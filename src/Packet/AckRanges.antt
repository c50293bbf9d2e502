-- ===== src/Packet/AckRanges.antt =====
-- `ngtcp2_pkt_validate_ack` of lib/ngtcp2_pkt.c. Its integers are below 2 ^ 62 + 2, and every
-- difference is taken where it is not negative.
use zngtcp.Base.{
  ℕ, ◌+◌, ◌-◌, ◌≤◌, ◌≡◌, refl, inl, inr, ◌↔◌, List, [], ◌∷◌, Outcome, ok, ◌>>◌, guard, ack_frame,
  proto, ltb, not, Bool-cases, arith,
}
use zngtcp.Frame.{Ack, AckRange}

-- The loop over `fr->ranges`.
unfoldable pub validate_ranges : ℕ → List AckRange → ℕ → Outcome (Unit {0})
validate_ranges largest_ack [] min_pkt_num = ok tt
validate_ranges largest_ack (r ∷ ranges) min_pkt_num = do
  guard (not (ltb largest_ack (r.gap + 2))) ack_frame
  let largest = largest_ack - (r.gap + 2)
  guard (not (ltb largest r.len)) ack_frame
  let smallest = largest - r.len
  guard (not (ltb smallest min_pkt_num)) proto
  validate_ranges smallest ranges min_pkt_num

unfoldable pub validate_ack : Ack → ℕ → Outcome (Unit {0})
validate_ack fr min_pkt_num = do
  guard (not (ltb fr.largest_ack fr.first_ack_range)) ack_frame
  let smallest = fr.largest_ack - fr.first_ack_range
  guard (not (ltb smallest min_pkt_num)) proto
  validate_ranges smallest fr.ranges min_pkt_num

-- The packets from `smallest` to `largest`.
pub record Interval : Type 0 where
  pub smallest : ℕ
  pub largest : ℕ

-- Below `bound`, each interval of `is` is the one that its range stands for: `gap` and one more
-- packets are missing in between.
abbrev pub Stands : ℕ → List AckRange → List Interval → Type 0
Stands bound [] [] = Unit
Stands bound [] (i ∷ is) = ⊥
Stands bound (r ∷ rs) [] = ⊥
Stands bound (r ∷ rs) (i ∷ is) =
    (i.largest + r.gap + 2 ≡ bound) × (i.smallest + r.len ≡ i.largest) × Stands i.smallest rs is

-- What an ACK frame acknowledges, with no number below zero.
abbrev pub Acknowledges : Ack → List Interval → Type 0
Acknowledges fr [] = ⊥
Acknowledges fr (i ∷ is) =
    (i.largest ≡ fr.largest_ack)
    × (i.smallest + fr.first_ack_range ≡ i.largest)
    × Stands i.smallest fr.ranges is

-- No packet below `min`.
abbrev pub From : ℕ → List Interval → Type 0
From min [] = Unit
From min (i ∷ is) = (min ≤ i.smallest) × From min is

ranges-stand :
    (bound : ℕ) (rs : List AckRange) (min : ℕ)
    → validate_ranges bound rs min ≡ ok tt
    → (is : List Interval) × Stands bound rs is × From min is
unfolding validate_ranges
ranges-stand bound [] min e = ([], tt, tt)
ranges-stand bound (r ∷ rs) min e = elim (Bool-cases (ltb bound (r.gap + 2))) [
  | inl under ↦ absurd (ground (arith, under, e))
  | inr gap ↦
      let largest = bound - (r.gap + 2) in
      elim (Bool-cases (ltb largest r.len)) [
        | inl under ↦ absurd (ground (arith, under, gap, e))
        | inr len ↦
            let smallest = largest - r.len in
            elim (Bool-cases (ltb smallest min)) [
              | inl under ↦ absurd (ground (arith, under, gap, len, e))
              | inr from ↦
                  let rest : validate_ranges smallest rs min ≡ ok tt =
                    ground (arith, from, gap, len, e) in
                  let (is, stand, above) = ranges-stand smallest rs min rest in
                  (
                    record { smallest = smallest; largest = largest } ∷ is,
                    (ground arith, ground arith, stand),
                    (ground arith, above),
                  )
            ]
      ]
]

stand-validate :
    (bound : ℕ) (rs : List AckRange) (min : ℕ) (is : List Interval)
    → Stands bound rs is
    → From min is
    → validate_ranges bound rs min ≡ ok tt
unfolding validate_ranges
stand-validate bound [] min [] s f = refl
stand-validate bound [] min (i ∷ is) s f = absurd s
stand-validate bound (r ∷ rs) min [] s f = absurd s
stand-validate bound (r ∷ rs) min (i ∷ is) s f =
    let rest = stand-validate i.smallest rs min is s.2 f.1 in
    let a : bound - (r.gap + 2) ≡ i.largest = omega (arith, s.0) in
    let b : i.largest - r.len ≡ i.smallest = omega (arith, s.1) in
    ground (arith, a, b, rest, s.0, s.1, f.0)

intervals-validate :
    (fr : Ack) (min : ℕ) (is : List Interval)
    → Acknowledges fr is
    → From min is
    → validate_ack fr min ≡ ok tt
unfolding validate_ack
intervals-validate fr min [] a f = absurd a
intervals-validate fr min (i ∷ is) a f =
    let rest = stand-validate i.smallest fr.ranges min is a.2 f.1 in
    let low : fr.largest_ack - fr.first_ack_range ≡ i.smallest = omega (arith, a.0, a.1) in
    ground (arith, low, rest, a.0, a.1, f.0)

-- An ACK frame is valid exactly if the ranges of the frame stand for intervals of packet numbers,
-- from the largest down, none of which goes below zero or below `min_pkt_num`.
pub validate_ack-Acknowledges :
    (fr : Ack) (min_pkt_num : ℕ)
    → (validate_ack fr min_pkt_num ≡ ok tt)
      ↔ ((is : List Interval) × Acknowledges fr is × From min_pkt_num is)
unfolding validate_ack
validate_ack-Acknowledges fr min = (
  λ e. elim (Bool-cases (ltb fr.largest_ack fr.first_ack_range)) [
    | inl under ↦ absurd (ground (arith, under, e))
    | inr first ↦
        let smallest = fr.largest_ack - fr.first_ack_range in
        elim (Bool-cases (ltb smallest min)) [
          | inl under ↦ absurd (ground (arith, under, first, e))
          | inr from ↦
              let rest : validate_ranges smallest fr.ranges min ≡ ok tt =
                ground (arith, from, first, e) in
              let (is, stand, above) = ranges-stand smallest fr.ranges min rest in
              (
                record { smallest = smallest; largest = fr.largest_ack } ∷ is,
                (refl, ground arith, stand),
                (ground arith, above),
              )
        ]
  ],
  λ (is, acked, above). intervals-validate fr min is acked above,
)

****************

(TASK PROMPT):
Each line from the first line of the entries up to and including the line containing "-- The loop" should be transcribed exactly, with all other lines left out.

(THE COMPLETED TASK):
filename src/Packet/AckRanges.antt
repository c50293bbf9d2e502
-- ===== src/Packet/AckRanges.antt =====
-- `ngtcp2_pkt_validate_ack` of lib/ngtcp2_pkt.c. Its integers are below 2 ^ 62 + 2, and every
-- difference is taken where it is not negative.
use zngtcp.Base.{
  ℕ, ◌+◌, ◌-◌, ◌≤◌, ◌≡◌, refl, inl, inr, ◌↔◌, List, [], ◌∷◌, Outcome, ok, ◌>>◌, guard, ack_frame,
  proto, ltb, not, Bool-cases, arith,
}
use zngtcp.Frame.{Ack, AckRange}

-- The loop over `fr->ranges`.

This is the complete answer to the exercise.